Recent results published in the Practical Radiation Oncology (PRO) journal, the official journal of the American Society for Radiation Oncology (ASTRO), titled “Practice patterns of photon and proton pediatric image guided radiation treatment: Results from an International Pediatric Research Consortium”, evaluated the use of image guided radiation therapy (IGRT) for the treatment planning of pediatric cancers.
IGRT uses frequent imaging during the course of radiation therapy, usually before radiation delivery, to improve the localization of both target and healthy structures, allowing a more precise and accurate radiation delivery.
This technique is commonly used in photon and proton therapy, especially in the treatment of tumors that are located in proximity to sensitive structures or organs, or in specific areas of the body that can change in shape.
Even though IGRT is a common practice to improve treatment accuracy of pediatric tumors, these recent results suggest that consensus recommendations are necessary to guide clinical decisions for its use in pediatric patients.
The team evaluated clinical patterns of pediatric IGRT practice through an international pediatrics consortium of institutions that used either photon or proton radiation therapy.
Of the nine international institutions selected to participate in the consortium, seven completed a 53-item survey evaluating patterns of IGRT use in definitive radiation therapy for patients younger than 21 years of age.
Among the seven institutions, a total of 750 pediatric patients were treated per year, with 5 institutions using photon therapy alone, 1 using proton therapy alone and 1 using both photon and proton therapy.
Researchers found that IGRT was used in tumors of the central nervous system (98%), abdomen or pelvis (73%), head and neck (100%), lung (83%), and liver (69%). Moreover, photon therapy institutions used kV cone beam computed tomography and kV- and MV-based planar imaging for IGRT, and all proton institutions used kV-based planar imaging.

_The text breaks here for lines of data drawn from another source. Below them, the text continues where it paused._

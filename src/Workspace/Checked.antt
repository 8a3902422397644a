-- ===== src/Workspace/Checked.antt =====
-- What a member's change has passed when its write is reached
-- (`update_workspace_member` and `remove_workspace_member` of backend/services/workspace_service.py).
use dewflow.Base.{ℕ, ◌≡◌, Option, none, some}
use dewflow.Workspace.Rows.{
  WorkspaceRole, UserWorkspaceRole, User, AccessDb, done, get_user, user_not_found,
}
use dewflow.Workspace.Permissions.{PermissionPolicy}
use dewflow.Workspace.Service.{
  or_raise, get_workspace_or_404, get_member_or_404, require_role_manage,
  ensure_owner_change_allowed, ensure_not_removing_last_owner,
}
use dewflow.Workspace.Members.{check_update, check_remove}
use dewflow.Workspace.History.{bind-Returns, Returns-done, done-Returns}

-- `next` is the role that the member gets, if it stays one.
pub record IsChecked (policy : PermissionPolicy) (user : User) (ws uid : ℕ)
    (next : Option WorkspaceRole) (db : AccessDb) (r : UserWorkspaceRole) : Type 0 where
  pub managed : require_role_manage policy user ws db ≡ done tt
  pub member : get_member_or_404 uid ws db ≡ done r
  pub allowed : ensure_owner_change_allowed policy user ws next (some r.role) db ≡ done tt
  pub kept : ensure_not_removing_last_owner ws r.role next db ≡ done tt

module _ (policy : PermissionPolicy) (user : User) (ws uid : ℕ) where
  pub check_update-done :
      (role : WorkspaceRole) (db : AccessDb) (out : UserWorkspaceRole × User)
      → check_update policy user ws uid role db ≡ done out
      → IsChecked policy user ws uid (some role) db out.0
  unfolding check_update
  check_update-done role db out =
      Returns-done
        (λ (x : UserWorkspaceRole × User). IsChecked policy user ws uid (some role) db x.0)
        (check_update policy user ws uid role db) out
        (bind-Returns _ (get_workspace_or_404 ws db) _ (λ _ _.
          bind-Returns _ (require_role_manage policy user ws db) _ (λ _ m.
            bind-Returns _ (get_member_or_404 uid ws db) _ (λ r f.
              bind-Returns _
                (ensure_owner_change_allowed policy user ws (some role) (some r.role) db) _
                (λ _ a.
                  bind-Returns _ (ensure_not_removing_last_owner ws r.role (some role) db) _ (λ _ k.
                    bind-Returns _ (or_raise user_not_found (get_user uid db)) _ (λ _ _.
                      done-Returns _ _
                        (record { managed = m; member = f; allowed = a; kept = k }))))))))

  pub check_remove-done :
      (db : AccessDb) (r : UserWorkspaceRole)
      → check_remove policy user ws uid db ≡ done r
      → IsChecked policy user ws uid none db r
  unfolding check_remove
  check_remove-done db out =
      Returns-done (IsChecked policy user ws uid none db) (check_remove policy user ws uid db) out (
        bind-Returns _ (get_workspace_or_404 ws db) _ (λ _ _.
          bind-Returns _ (require_role_manage policy user ws db) _ (λ _ m.
            bind-Returns _ (get_member_or_404 uid ws db) _ (λ r f.
              bind-Returns _ (ensure_owner_change_allowed policy user ws none (some r.role) db) _
                (λ _ a. bind-Returns _ (ensure_not_removing_last_owner ws r.role none db) _ (λ _ k.
                  done-Returns _ _ (record { managed = m; member = f; allowed = a; kept = k })))))))
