-- ===== src/Workspace/Writes.antt =====
-- What a write of `AccessRepository` (backend/repositories/access_repo.py) does to the owners of
-- every workspace, after the checks that `WorkspaceService` (backend/services/workspace_service.py) makes.
use dewflow.Base.{
  ℕ, ◌+◌, ◌≤◌, ◌≡◌, refl, sym, subst, String, Bool, true, false, not, Option, none, some, List, ◌∷◌,
  keep, ◌==◌, find, Distinct, Distinct-found, update_where, update_where-Distinct, Bool-cases,
  Option-cases, inl, inr, arith, All, All-imp, All-update_where,
}
use dewflow.Workspace.Rows.{
  WorkspaceRole, Workspace, UserWorkspaceRole, User, AccessDb, Result, done, raised, ◌>>=◌,
  is_owner, role_key, member_is, get_workspace_member, create_workspace_row, WorkspaceUpdate,
  updated, update_workspace_row, add_workspace_role, update_workspace_role, remove_role, owns,
  with_role, count_workspace_owners, integrity_error,
}
use dewflow.Workspace.Service.{
  NewIds, new_workspace, owner_role, is_owner_role, ensure_not_removing_last_owner,
  get_member_or_404, slug_error,
}
use dewflow.Workspace.Owners.{
  one_if, owners, owners_cons, owners-set, owners-remove, removed-Distinct,
}
use dewflow.Workspace.History.{first-All, IsOwned}

-- The member that is read is the row of its id, and one of the workspace.
pub member_found :
    (uid ws : ℕ) (db : AccessDb) (r : UserWorkspaceRole)
    → Distinct role_key db.roles
    → get_member_or_404 uid ws db ≡ done r
    → (find role_key r.id db.roles ≡ some r) × (member_is uid ws r ≡ true)
unfolding get_member_or_404 get_workspace_member
member_found uid ws db r d e =
    first-All (λ x. find role_key x.id db.roles ≡ some x) (member_is uid ws) db.roles r
      (Distinct-found role_key db.roles d) (ground arith)

two_left :
    (ws : ℕ) (role : WorkspaceRole) (next : Option WorkspaceRole) (db : AccessDb)
    → ensure_not_removing_last_owner ws role next db ≡ done tt
    → is_owner role ≡ true
    → is_owner_role next ≡ false
    → 2 ≤ owners ws db.roles
unfolding ensure_not_removing_last_owner count_workspace_owners
two_left ws role next db e o n = ground arith

-- The owners of one workspace when the role of another or the same one is set.
set_step :
    (ws w before after : ℕ) (uid : ℕ) (role : WorkspaceRole) (r : UserWorkspaceRole)
    → member_is uid ws r ≡ true
    → (is_owner r.role ≡ true → is_owner role ≡ false → w ≡ ws → 2 ≤ before)
    → before + one_if (owns w (with_role role r)) ≡ after + one_if (owns w r)
    → 1 ≤ before
    → 1 ≤ after
set_step ws w before after uid role r m two e one = elim (Bool-cases (is_owner r.role)) [
  | inl o ↦ elim (Bool-cases (is_owner role)) [ inl o2 ↦ ground arith | inr o2 ↦ ground arith ]
  | inr o ↦ ground arith
]

pub set-IsOwned :
    (uid ws : ℕ) (r : UserWorkspaceRole) (role : WorkspaceRole) (db : AccessDb)
    → get_member_or_404 uid ws db ≡ done r
    → ensure_not_removing_last_owner ws r.role (some role) db ≡ done tt
    → IsOwned db
    → IsOwned (update_workspace_role r role db)
unfolding IsOwned update_workspace_role
set-IsOwned uid ws r role db m g h =
    let here = member_found uid ws db r h.1 m in
    (
      All-imp (λ w. 1 ≤ owners w.id db.roles)
          (λ w. 1 ≤ owners w.id (update_where (λ x. x.id == r.id) (with_role role) db.roles))
          (λ w.
            set_step ws w.id (owners w.id db.roles)
              (owners w.id (update_where (λ x. x.id == r.id) (with_role role) db.roles)) uid role r
              here.1
              (λ o n e.
                subst (λ j. 2 ≤ owners j db.roles) (sym e)
                  (two_left ws r.role (some role) db g o n))
              (owners-set w.id r.id role db.roles r h.1 here.0))
          db.workspaces h.0,
      update_where-Distinct role_key (λ x. x.id == r.id) (with_role role) (λ x. refl) db.roles h.1,
    )

remove_step :
    (ws w before after : ℕ) (uid : ℕ) (r : UserWorkspaceRole)
    → member_is uid ws r ≡ true
    → (is_owner r.role ≡ true → w ≡ ws → 2 ≤ before)
    → before ≡ after + one_if (owns w r)
    → 1 ≤ before
    → 1 ≤ after
remove_step ws w before after uid r m two e one = elim (Bool-cases (is_owner r.role)) [
  | inl o ↦ ground arith
  | inr o ↦ ground arith
]

pub remove-IsOwned :
    (uid ws : ℕ) (r : UserWorkspaceRole) (db : AccessDb)
    → get_member_or_404 uid ws db ≡ done r
    → ensure_not_removing_last_owner ws r.role none db ≡ done tt
    → IsOwned db
    → IsOwned (remove_role r db)
unfolding IsOwned remove_role
remove-IsOwned uid ws r db m g h =
    let here = member_found uid ws db r h.1 m in
    (
      All-imp (λ w. 1 ≤ owners w.id db.roles)
          (λ w. 1 ≤ owners w.id (keep (λ x. not (x.id == r.id)) db.roles))
          (λ w.
            remove_step ws w.id (owners w.id db.roles)
              (owners w.id (keep (λ x. not (x.id == r.id)) db.roles)) uid r here.1
              (λ o e.
                subst (λ j. 2 ≤ owners j db.roles) (sym e) (two_left ws r.role none db g o refl))
              (owners-remove w.id r.id db.roles r h.1 here.0))
          db.workspaces h.0,
      removed-Distinct r.id db.roles h.1,
    )

-- One more role takes no owner away.
one_more :
    (new : UserWorkspaceRole) (roles : List UserWorkspaceRole) (workspaces : List Workspace)
    → All (λ w. 1 ≤ owners w.id roles) workspaces
    → All (λ w. 1 ≤ owners w.id (new ∷ roles)) workspaces
one_more new roles =
    All-imp (λ w. 1 ≤ owners w.id roles) (λ w. 1 ≤ owners w.id (new ∷ roles))
      (λ w h. omega (arith, owners_cons w.id new roles))

pub free_id :
    (new : UserWorkspaceRole) (db after : AccessDb)
    → add_workspace_role new db ≡ done after
    → (find role_key new.id db.roles ≡ none) × (after ≡ record db { roles = new ∷ db.roles })
unfolding add_workspace_role
free_id new db after e = elim (Option-cases (find role_key new.id db.roles)) [
  | inl free ↦ (free, ground arith)
  | inr (r, taken) ↦ ground arith
]

pub add-IsOwned :
    (new : UserWorkspaceRole) (db after : AccessDb)
    → add_workspace_role new db ≡ done after
    → IsOwned db
    → IsOwned after
unfolding IsOwned
add-IsOwned new db after e h =
    let f = free_id new db after e in
    subst IsOwned (sym f.1) (one_more new db.roles db.workspaces h.0, (f.0, h.1))

first_owner :
    (ids : NewIds) (user : User) (roles : List UserWorkspaceRole)
    → 1 ≤ owners ids.workspace_id (owner_role ids user ∷ roles)
first_owner ids user roles =
    let mine : owns ids.workspace_id (owner_role ids user) ≡ true = ground arith in
    rw (owners_cons ids.workspace_id (owner_role ids user) roles, mine) (omega arith)

pub create-IsOwned :
    (ids : NewIds) (user : User) (name slug : String) (db between after : AccessDb)
    → create_workspace_row (new_workspace ids user name slug) db ≡ done between
    → add_workspace_role (owner_role ids user) between ≡ done after
    → IsOwned db
    → IsOwned after
unfolding IsOwned create_workspace_row
create-IsOwned ids user name slug db between after c a h =
    let made : between
        ≡ record db { workspaces = new_workspace ids user name slug ∷ db.workspaces } =
      ground arith in
    let f = free_id (owner_role ids user) between after a in
    rw (f.1, made)
      (
        (first_owner ids user db.roles, one_more (owner_role ids user) db.roles db.workspaces h.0),
        (rw made at f.0, h.1),
      )

pub rewrite-IsOwned :
    (guard : Workspace → Bool) (assign : Workspace → Workspace) (db : AccessDb)
    → ((w : Workspace) → (assign w).id ≡ w.id)
    → IsOwned db
    → IsOwned (record db { workspaces = update_where guard assign db.workspaces })
unfolding IsOwned
rewrite-IsOwned guard assign db keeps h = (
  All-update_where guard assign (λ w. 1 ≤ owners w.id db.roles)
      (λ w one g. subst (λ j. 1 ≤ owners j db.roles) (sym (keeps w)) one) db.workspaces h.0,
  h.1,
)

pub slug_error-done : {A : Type 0} (w : Result A) (a : A) → slug_error w ≡ done a → w ≡ done a
slug_error-done (done b) a e = e
slug_error-done (raised integrity_error) a e = cc
slug_error-done (raised _) a e = cc

pub bind-done :
    {A B : Type 0} (w : Result A) (f : A → Result B) (b : B)
    → w >>= f ≡ done b
    → (a : A) × (w ≡ done a) × (f a ≡ done b)
bind-done (done a) f b h = (a, refl, h)
bind-done (raised e) f b h = cc

pub update_row-IsOwned :
    (w : Workspace) (obj_in : WorkspaceUpdate) (db after : AccessDb)
    → update_workspace_row w obj_in db ≡ done after
    → IsOwned db
    → IsOwned after
unfolding update_workspace_row
update_row-IsOwned w obj_in db after e h =
    let made : after ≡ record db {
      workspaces = update_where (λ x. x.id == w.id) (updated obj_in) db.workspaces;
    } =
      ground arith in
    subst IsOwned (sym made) (rewrite-IsOwned (λ x. x.id == w.id) (updated obj_in) db (λ x. refl) h)
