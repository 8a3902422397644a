-- ===== src/Workspace/Owned.antt =====
-- Every workspace keeps an owner while requests to `WorkspaceService`
-- (backend/services/workspace_service.py) are served one after the other.
use dewflow.Base.{
  ℕ, refl, String, none, some, List, [], ◌∷◌, ◌==◌, is_some, Bool-cases, inl, inr, arith,
}
use dewflow.Workspace.Rows.{
  WorkspaceRole, User, AccessDb, ◌>>=◌, get_workspace_member, create_workspace_row, WorkspaceUpdate,
  update_workspace_row, soft_delete_workspace, add_workspace_role, user_not_found, get_user,
}
use dewflow.Workspace.Permissions.{PermissionPolicy, workspace_manage, require_permission}
use dewflow.Workspace.Service.{
  NewIds, new_workspace, owner_role, create_workspace, update_workspace, delete_workspace, or_raise,
  slug_error, get_workspace_or_404, ensure_slug_available, check_slug, require_role_manage,
  ensure_owner_change_allowed,
}
use dewflow.Workspace.Members.{
  WorkspaceMemberCreate, new_member, add_workspace_member, check_update, update_workspace_member,
  check_remove, remove_workspace_member,
}
use dewflow.Workspace.Checked.{check_update-done, check_remove-done}
use dewflow.Workspace.History.{
  Request, create, update, delete, add_member, update_member, remove_member, serve, run, Returns,
  bind-Returns, done-Returns, committed-keeps, committed_only-keeps, IsOwned,
}
use dewflow.Workspace.Writes.{
  bind-done, slug_error-done, set-IsOwned, remove-IsOwned, add-IsOwned, create-IsOwned,
  rewrite-IsOwned, update_row-IsOwned,
}

module _ (policy : PermissionPolicy) (db : AccessDb) (h : IsOwned db) where
  create_workspace-IsOwned :
      (ids : NewIds) (user : User) (name slug : String)
      → Returns (λ out. IsOwned out.1) (create_workspace ids user name slug db)
  unfolding create_workspace
  create_workspace-IsOwned ids user name slug =
      bind-Returns _ (ensure_slug_available slug none db) _ (λ checked _.
        bind-Returns _
          (slug_error (
            create_workspace_row (new_workspace ids user name slug) db >>= λ b.
            add_workspace_role (owner_role ids user) b))
          _
          (λ after made.
            let (between, c, a) =
              bind-done (create_workspace_row (new_workspace ids user name slug) db)
                (λ b. add_workspace_role (owner_role ids user) b) after
                (slug_error-done _ after made) in
            done-Returns _ _ (create-IsOwned ids user name slug db between after c a h)))

  update_workspace-IsOwned :
      (user : User) (ws : ℕ) (obj_in : WorkspaceUpdate)
      → Returns (λ out. IsOwned out.1) (update_workspace policy user ws obj_in db)
  unfolding update_workspace
  update_workspace-IsOwned user ws obj_in =
      bind-Returns _ (get_workspace_or_404 ws db) _ (λ workspace _.
        bind-Returns _ (require_permission policy user (some ws) workspace_manage db) _ (λ _ _.
          bind-Returns _ (check_slug obj_in.slug workspace db) _ (λ _ _.
            bind-Returns _ (slug_error (update_workspace_row workspace obj_in db)) _ (λ after made.
              done-Returns _ _
                (update_row-IsOwned workspace obj_in db after (slug_error-done _ after made) h)))))

  delete_workspace-IsOwned :
      (user : User) (ws now : ℕ) → Returns IsOwned (delete_workspace policy user ws now db)
  unfolding delete_workspace soft_delete_workspace
  delete_workspace-IsOwned user ws now =
      bind-Returns _ (get_workspace_or_404 ws db) _ (λ workspace _.
        let kept : IsOwned (soft_delete_workspace now workspace db) =
          rewrite-IsOwned (λ x. x.id == workspace.id) (λ x. record x { deleted_at = some now }) db
            (λ w. refl) h in
        unfold Returns in ground (arith, kept))

  add_workspace_member-IsOwned :
      (id : ℕ) (user : User) (ws : ℕ) (member_in : WorkspaceMemberCreate)
      → Returns (λ out. IsOwned out.1) (add_workspace_member policy id user ws member_in db)
  unfolding add_workspace_member
  add_workspace_member-IsOwned id user ws member_in =
      bind-Returns _ (get_workspace_or_404 ws db) _ (λ workspace _.
        bind-Returns _ (require_role_manage policy user ws db) _ (λ _ _.
          bind-Returns _ (ensure_owner_change_allowed policy user ws (some member_in.role) none db)
            _
            (λ _ _.
              bind-Returns _ (or_raise user_not_found (get_user member_in.user_id db)) _
                (λ member _.
                  elim (Bool-cases (is_some (get_workspace_member member_in.user_id ws db))) [
                    | inl e ↦ rw e (unfold Returns in tt)
                    | inr e ↦ rw e (
                        bind-Returns _ (add_workspace_role (new_member id ws member_in) db) _
                          (λ after made.
                            unfold Returns in
                            add-IsOwned (new_member id ws member_in) db after made h))
                  ]))))

  update_workspace_member-IsOwned :
      (user : User) (ws uid : ℕ) (role : WorkspaceRole)
      → Returns (λ out. IsOwned out.1) (update_workspace_member policy user ws uid role db)
  unfolding update_workspace_member
  update_workspace_member-IsOwned user ws uid role =
      bind-Returns _ (check_update policy user ws uid role db) _ (λ out e.
        unfold Returns in
        set-IsOwned uid ws out.0 role db (check_update-done policy user ws uid role db out e).member
          (check_update-done policy user ws uid role db out e).kept h)

  remove_workspace_member-IsOwned :
      (user : User) (ws uid : ℕ) → Returns IsOwned (remove_workspace_member policy user ws uid db)
  unfolding remove_workspace_member
  remove_workspace_member-IsOwned user ws uid =
      bind-Returns _ (check_remove policy user ws uid db) _ (λ r e.
        unfold Returns in
        remove-IsOwned uid ws r db (check_remove-done policy user ws uid db r e).member
          (check_remove-done policy user ws uid db r e).kept h)

  pub serve-IsOwned : (request : Request) → IsOwned (serve policy request db)
  unfolding serve
  serve-IsOwned (create ids user name slug) =
      committed-keeps IsOwned db _ h (create_workspace-IsOwned ids user name slug)
  serve-IsOwned (update user ws obj_in) =
      committed-keeps IsOwned db _ h (update_workspace-IsOwned user ws obj_in)
  serve-IsOwned (delete user ws now) =
      committed_only-keeps IsOwned db _ h (delete_workspace-IsOwned user ws now)
  serve-IsOwned (add_member id user ws member_in) =
      committed-keeps IsOwned db _ h (add_workspace_member-IsOwned id user ws member_in)
  serve-IsOwned (update_member user ws uid role) =
      committed-keeps IsOwned db _ h (update_workspace_member-IsOwned user ws uid role)
  serve-IsOwned (remove_member user ws uid) =
      committed_only-keeps IsOwned db _ h (remove_workspace_member-IsOwned user ws uid)

-- However many requests are served one after the other, whatever they ask for and whoever asks, every
-- workspace keeps at least one owner, if each had one and the ids of the roles were distinct.
pub run-IsOwned :
    (policy : PermissionPolicy) (requests : List Request) (db : AccessDb)
    → IsOwned db
    → IsOwned (run policy requests db)
unfolding run
run-IsOwned policy [] db h = h
run-IsOwned policy (request ∷ requests) db h =
    run-IsOwned policy requests (serve policy request db) (serve-IsOwned policy db h request)
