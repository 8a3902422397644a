-- ===== src/Workspace/Rights.antt =====
-- What `_ensure_owner_change_allowed` (backend/services/workspace_service.py) leaves to a user who does
-- not own a workspace, and the rows that such a change can touch.
use dewflow.Base.{
  ℕ, ◌≡◌, ◌≢◌, refl, subst, ap, ◌∙◌, String, Bool, true, false, not, ◌&&◌, Option, none, some, List,
  [], ◌∷◌, any, keep, ◌==◌, is_some, is_none, find, Distinct, update_where, Bool-cases, inl, inr,
  arith, All, ==_iff,
}
use dewflow.Workspace.Rows.{
  WorkspaceRole, Workspace, UserWorkspaceRole, User, AccessDb, done, is_owner, role_key, first,
  member_is, get_workspace_member, get_workspace_role, create_workspace_row, get_workspace,
  add_workspace_role, owns, with_role, clashes, role_of,
}
use dewflow.Workspace.Permissions.{PermissionPolicy, bypasses}
use dewflow.Workspace.Service.{
  NewIds, new_workspace, owner_role, is_owner_role, get_workspace_or_404,
  ensure_owner_change_allowed,
}
use dewflow.Workspace.Owners.{absent_set, absent_removed}
use dewflow.Workspace.History.{
  Request, create, update, delete, add_member, update_member, remove_member, first-All,
}
use dewflow.Workspace.Writes.{free_id}

all_units {ℓ} : {A : Type ℓ} (xs : List A) → All (λ _. Unit {0}) xs
all_units [] = tt
all_units (x ∷ xs) = (tt, all_units xs)

abbrev pub actor : Request → User
actor (create ids user name slug) = user
actor (update user ws obj_in) = user
actor (delete user ws now) = user
actor (add_member id user ws member_in) = user
actor (update_member user ws uid role) = user
actor (remove_member user ws uid) = user

-- The roles that own a workspace.
abbrev pub owner_roles : ℕ → AccessDb → List UserWorkspaceRole
owner_roles ws db = keep (owns ws) db.roles

-- A user who is not a bypassing superuser and holds none of those roles.
abbrev pub IsOutsider : PermissionPolicy → ℕ → AccessDb → User → Type 0
IsOutsider policy ws db user =
    (bypasses policy user ≡ false) × (any (λ r. r.user_id == user.id) (owner_roles ws db) ≡ false)

not_owner :
    (u ws : ℕ) (roles : List UserWorkspaceRole)
    → any (λ r. r.user_id == u) (keep (owns ws) roles) ≡ false
    → is_owner_role (role_of (first (member_is u ws) roles)) ≡ false
unfolding first
not_owner u ws [] h = refl
not_owner u ws (r ∷ rs) h = elim (Bool-cases (owns ws r)) [
  | inl o ↦ ground (arith, not_owner u ws rs)
  | inr o ↦ ground (arith, not_owner u ws rs)
]

pub keep-set :
    (ws k : ℕ) (role : WorkspaceRole) (rs : List UserWorkspaceRole) (r : UserWorkspaceRole)
    → find role_key k rs ≡ some r
    → Distinct role_key rs
    → owns ws r ≡ false
    → owns ws (with_role role r) ≡ false
    → keep (owns ws) (update_where (λ x. x.id == k) (with_role role) rs) ≡ keep (owns ws) rs
unfolding find update_where
keep-set ws k role [] r e d o n = refl
keep-set ws k role (x ∷ rs) r e d o n = elim (Bool-cases (x.id == k)) [
  | inl here ↦
      let same : x ≡ r = ground arith in
      let absent : find role_key k rs ≡ none =
        subst (λ j. find role_key j rs ≡ none) ((==_iff x.id k).0 here) d.0 in
      rw (here, same, o, n, absent_set k (with_role role) rs absent) refl
  | inr there ↦ rw (there, keep-set ws k role rs r (rw there at e) d.1 o n) refl
]

pub keep-remove :
    (ws k : ℕ) (rs : List UserWorkspaceRole) (r : UserWorkspaceRole)
    → find role_key k rs ≡ some r
    → Distinct role_key rs
    → owns ws r ≡ false
    → keep (owns ws) (keep (λ x. not (x.id == k)) rs) ≡ keep (owns ws) rs
unfolding find
keep-remove ws k [] r e d o = refl
keep-remove ws k (x ∷ rs) r e d o = elim (Bool-cases (x.id == k)) [
  | inl here ↦
      let same : x ≡ r = ground arith in
      let absent : find role_key k rs ≡ none =
        subst (λ j. find role_key j rs ≡ none) ((==_iff x.id k).0 here) d.0 in
      rw (here, same, o, absent_removed k rs absent) refl
  | inr there ↦ rw (there, keep-remove ws k rs r (rw there at e) d.1 o) refl
]

-- The owners of the workspace are as before, and it is there.
unfoldable pub IsKept : ℕ → AccessDb → AccessDb → Type 0
IsKept ws db after =
    (owner_roles ws after ≡ owner_roles ws db) × (is_some (get_workspace ws after) ≡ true)

pub IsKept-parts :
    (ws : ℕ) (db after : AccessDb)
    → IsKept ws db after
    → (owner_roles ws after ≡ owner_roles ws db) × (is_some (get_workspace ws after) ≡ true)
unfolding IsKept
IsKept-parts ws db after h = h

-- A rewriting of rows that leaves those of the workspace where they are.
pub still_there :
    (ws : ℕ) (guard : Workspace → Bool) (assign : Workspace → Workspace) (rows : List Workspace)
    → ((w : Workspace) → (assign w).id ≡ w.id)
    → ((w : Workspace) → guard w ≡ true → w.id ≡ ws → (assign w).deleted_at ≡ w.deleted_at)
    → is_some (first (λ w. w.id == ws && is_none w.deleted_at) rows) ≡ true
    → is_some (first (λ w. w.id == ws && is_none w.deleted_at) (update_where guard assign rows))
      ≡ true
unfolding first update_where
still_there ws guard assign [] keeps same h = h
still_there ws guard assign (w ∷ rows) keeps same h =
    ground (arith, still_there ws guard assign rows keeps same, keeps w, same w)

-- A change that an outsider may make is not about an owner of the workspace.
not_about_owner :
    (policy : PermissionPolicy) (ws : ℕ) (db : AccessDb) (user : User)
    (target existing : Option WorkspaceRole)
    → IsOutsider policy ws db user
    → ensure_owner_change_allowed policy user ws target existing db ≡ done tt
    → (is_owner_role target ≡ false) × (is_owner_role existing ≡ false)
unfolding ensure_owner_change_allowed get_workspace_role get_workspace_member
not_about_owner policy ws db user target existing out e =
    ground (arith, not_owner user.id ws db.roles out.1)

-- So the row of such a change, in whatever workspace, does not own this one, before or after.
pub owns_none :
    (policy : PermissionPolicy) (ws at : ℕ) (db : AccessDb) (user : User)
    (target existing : Option WorkspaceRole)
    → IsOutsider policy ws db user
    → ensure_owner_change_allowed policy user at target existing db ≡ done tt
    → ((at == ws) && is_owner_role target ≡ false) × ((at == ws) && is_owner_role existing ≡ false)
owns_none policy ws at db user target existing out e = elim (Bool-cases (at == ws)) [
  | inl same ↦
      let here = not_about_owner policy ws db user target existing out (
        subst (λ x. ensure_owner_change_allowed policy user x target existing db ≡ done tt)
          ((==_iff at ws).0 same) e) in
      (rw same here.0, rw same here.1)
  | inr other ↦ rw other (refl, refl)
]

pub at_member :
    (at ws uid : ℕ) (r : UserWorkspaceRole) (role : WorkspaceRole)
    → member_is uid at r ≡ true
    → (at == ws) && is_owner role ≡ false
    → owns ws (with_role role r) ≡ false
at_member at ws uid r role m e = ground arith

pub found_id :
    (at : ℕ) (db : AccessDb) (w : Workspace) → get_workspace_or_404 at db ≡ done w → w.id ≡ at
unfolding get_workspace_or_404 get_workspace
found_id at db w e =
    let live =
      first-All (λ _. Unit) (λ x. x.id == at && is_none x.deleted_at) db.workspaces w
        (all_units db.workspaces) (ground arith) in
    ground (arith, live.1)

pub not_mine :
    (policy : PermissionPolicy) (ws at : ℕ) (db : AccessDb) (user : User)
    → IsOutsider policy ws db user
    → is_owner_role (get_workspace_role user.id at db) ≡ true
    → at ≢ ws
unfolding get_workspace_role get_workspace_member
not_mine policy ws at db user out owned same = cc (
  not_owner user.id ws db.roles out.1,
  subst (λ x. is_owner_role (role_of (first (member_is user.id x) db.roles)) ≡ true) same owned,
)

pub other_id :
    (ws : ℕ) (new : Workspace) (rows : List Workspace)
    → any (clashes new) rows ≡ false
    → is_some (first (λ w. w.id == ws && is_none w.deleted_at) rows) ≡ true
    → new.id == ws ≡ false
unfolding first
other_id ws new [] c h = cc
other_id ws new (w ∷ rows) c h = ground (arith, other_id ws new rows)

pub created :
    (ids : NewIds) (user : User) (name slug : String) (db between after : AccessDb)
    → create_workspace_row (new_workspace ids user name slug) db ≡ done between
    → add_workspace_role (owner_role ids user) between ≡ done after
    → (any (clashes (new_workspace ids user name slug)) db.workspaces ≡ false)
      × (after ≡ record db {
        workspaces = new_workspace ids user name slug ∷ db.workspaces;
        roles = owner_role ids user ∷ db.roles;
      })
unfolding create_workspace_row
created ids user name slug db between after c a =
    elim (Bool-cases (any (clashes (new_workspace ids user name slug)) db.workspaces)) [
      | inl e ↦ absurd (cc (rw e at c))
      | inr e ↦
          let made : between
              ≡ record db { workspaces = new_workspace ids user name slug ∷ db.workspaces } =
            ground arith in
          (
            e,
            (free_id (owner_role ids user) between after a).1
                ∙ ap (λ (b : AccessDb). record b { roles = owner_role ids user ∷ b.roles }) made,
          )
    ]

More than half of photon institutions used a specialized pediatric protocol for IGRT that delivers a lower dose of radiation than the standard amount used in adult protocols. Also, the techniques used for patient immobilization varied according to treatment site and institution and IGRT was utilized daily and weekly in 45 and 35% of cases, respectively.
“This study draws attention to the common consensus that the use of low-dose CT scans for image guidance for children is important for quality treatment and to ensure treatment accuracy,” Stephanie A. Terezakis, MD, co-author of the study and assistant professor of radiation oncology and molecular radiation sciences at Johns Hopkins Sidney Kimmel Comprehensive Cancer Center in Baltimore, said in an ASTRO press release. “There was variation in the way the physicians at the consortium institutions were determining the treatment field, particularly in different sites of the body. This data provides us with valuable treatment patterns that can help us determine a standard or best practice that all institutions can apply for the same technique, which will improve the quality of care for children.”